- [Task instructions]: Below is a listing. Set down exactly the lines from the one containing "filename src/Procfs/Env/Bindings.antt" through the one containing "split-piece (c ∷", both ends included, and leave out the rest.
================
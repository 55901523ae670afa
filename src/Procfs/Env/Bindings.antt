-- ===== src/Procfs/Env/Bindings.antt =====
-- What go/src/dropbox/procfs/stat.go reads of an environment and of a list of children.
use dbx_build_tools.Base.{
  ℕ, ◌≡◌, refl, sym, ap, ◌∙◌, false, Option, none, some, List, [], ◌∷◌, ◌++◌, ◌==◌, ==_iff, Str,
  cut-first, split, insert, is_nil, All, contains_byte, append_assoc, arith, append-nil,
}
use dbx_build_tools.Base.Result.{ok, err}
use dbx_build_tools.Procfs.Fault.{other}
use dbx_build_tools.Procfs.Env.{env_loop, read_proc_env, children_loop}

-- The bytes of an environment: each binding, with a zero byte behind it.
abbrev pub environ : List (Str × Str) → Str
environ [] = []
environ ((k, v) ∷ bindings) = (k ++ 61 ∷ v) ++ 0 ∷ environ bindings

-- A binding that the bytes can hold: no zero byte, and no "=" in the name.
abbrev pub IsBinding : Str × Str → Type 0
IsBinding (k, v) = (contains_byte k 61 ≡ false) × (contains_byte (k ++ 61 ∷ v) 0 ≡ false)

-- `envMap[k] = v` for each binding, in their order.
abbrev pub bind_all : List (Str × Str) → List (Str × Str) → List (Str × Str)
bind_all [] env_map = env_map
bind_all ((k, v) ∷ bindings) env_map = bind_all bindings (insert k v env_map)

split-piece : (s t : Str) (b : ℕ) → contains_byte s b ≡ false → split (s ++ b ∷ t) b ≡ s ∷ split t b
unfolding split contains_byte
split-piece [] t b h = ground (arith, ==_iff b b)
split-piece (c ∷ s) t b h = ground (arith, split-piece s t b (ground (arith, h)), h)

filled : (k v : Str) → is_nil (k ++ 61 ∷ v) ≡ false
filled [] v = refl
filled (c ∷ k) v = refl

env_loop-binding :
    (k v : Str) (pieces : List Str) (env_map : List (Str × Str))
    → contains_byte k 61 ≡ false
    → env_loop ((k ++ 61 ∷ v) ∷ pieces) env_map ≡ env_loop pieces (insert k v env_map)
unfolding env_loop
env_loop-binding k v pieces env_map free = rw (filled k v, cut-first k v 61 free) refl

env_loop-environ :
    (bindings env_map : List (Str × Str))
    → All IsBinding bindings
    → env_loop (split (environ bindings) 0) env_map ≡ bind_all bindings env_map
env_loop-environ [] env_map _ = unfold env_loop split in refl
env_loop-environ ((k, v) ∷ bindings) env_map ((free, zeroless), all) =
    ap (λ (l : List Str). env_loop l env_map)
      (split-piece (k ++ 61 ∷ v) (environ bindings) 0 zeroless)
    ∙ env_loop-binding k v (split (environ bindings) 0) env_map free
    ∙ env_loop-environ bindings (insert k v env_map) all

-- An environment is read back as the map of its bindings, where of two with one name the last holds.
read_proc_env-environ :
    (pid : ℕ) (bindings : List (Str × Str))
    → All IsBinding bindings
    → read_proc_env pid (ok (environ bindings))
      ≡ ok (record { env = environ bindings; env_map = bind_all bindings []; pid = pid })
unfolding read_proc_env
read_proc_env-environ pid bindings all = rw (env_loop-environ bindings [] all) refl

-- The bytes of a list of children, where `digits` writes a pid.
abbrev pub child_text : (ℕ → Str) → List ℕ → Str
child_text digits [] = []
child_text digits (pid ∷ pids) = digits pid ++ 32 ∷ child_text digits pids

module _ (atoi : Str → Option ℕ) (digits : ℕ → Str) (back : (n : ℕ) → atoi (digits n) ≡ some n)
    (spaceless : (n : ℕ) → contains_byte (digits n) 32 ≡ false) where
  children_loop-piece :
      (piece s t : Str) (child_pids : List ℕ)
      → contains_byte s 32 ≡ false
      → children_loop atoi piece (s ++ 32 ∷ t) child_pids ≡ elim (atoi (piece ++ s)) [
        | none ↦ err other
        | some pid ↦ children_loop atoi [] t (child_pids ++ pid ∷ [])
      ]
  unfolding children_loop contains_byte
  children_loop-piece piece [] t child_pids h = rw (append-nil piece) refl
  children_loop-piece piece (c ∷ s) t child_pids h =
      let other_byte : (c == 32) ≡ false = ground (arith, h) in
      rw (other_byte) (
        children_loop-piece (piece ++ c ∷ []) s t child_pids (ground (arith, h))
        ∙ ap
            (λ (l : Str). elim (atoi l) [
              | none ↦ err other
              | some pid ↦ children_loop atoi [] t (child_pids ++ pid ∷ [])
            ])
            (append_assoc piece (c ∷ []) s))

  -- The children of a task are read back from what the kernel writes, after those of earlier tasks.
  children_loop-child_text :
      (pids child_pids : List ℕ)
      → children_loop atoi [] (child_text digits pids) child_pids ≡ ok (child_pids ++ pids)
  children_loop-child_text [] child_pids =
      unfold children_loop in ap ok (sym (append-nil child_pids))
  children_loop-child_text (pid ∷ pids) child_pids =
      children_loop-piece [] (digits pid) (child_text digits pids) child_pids (spaceless pid)
      ∙ rw (back pid) (
          children_loop-child_text pids (child_pids ++ pid ∷ [])
          ∙ ap ok (append_assoc child_pids (pid ∷ []) pids))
================
- [Solution for this exercise]:
filename src/Procfs/Env/Bindings.antt
-- ===== src/Procfs/Env/Bindings.antt =====
-- What go/src/dropbox/procfs/stat.go reads of an environment and of a list of children.
use dbx_build_tools.Base.{
  ℕ, ◌≡◌, refl, sym, ap, ◌∙◌, false, Option, none, some, List, [], ◌∷◌, ◌++◌, ◌==◌, ==_iff, Str,
  cut-first, split, insert, is_nil, All, contains_byte, append_assoc, arith, append-nil,
}
use dbx_build_tools.Base.Result.{ok, err}
use dbx_build_tools.Procfs.Fault.{other}
use dbx_build_tools.Procfs.Env.{env_loop, read_proc_env, children_loop}

-- The bytes of an environment: each binding, with a zero byte behind it.
abbrev pub environ : List (Str × Str) → Str
environ [] = []
environ ((k, v) ∷ bindings) = (k ++ 61 ∷ v) ++ 0 ∷ environ bindings

-- A binding that the bytes can hold: no zero byte, and no "=" in the name.
abbrev pub IsBinding : Str × Str → Type 0
IsBinding (k, v) = (contains_byte k 61 ≡ false) × (contains_byte (k ++ 61 ∷ v) 0 ≡ false)

-- `envMap[k] = v` for each binding, in their order.
abbrev pub bind_all : List (Str × Str) → List (Str × Str) → List (Str × Str)
bind_all [] env_map = env_map
bind_all ((k, v) ∷ bindings) env_map = bind_all bindings (insert k v env_map)

split-piece : (s t : Str) (b : ℕ) → contains_byte s b ≡ false → split (s ++ b ∷ t) b ≡ s ∷ split t b
unfolding split contains_byte
split-piece [] t b h = ground (arith, ==_iff b b)
split-piece (c ∷ s) t b h = ground (arith, split-piece s t b (ground (arith, h)), h)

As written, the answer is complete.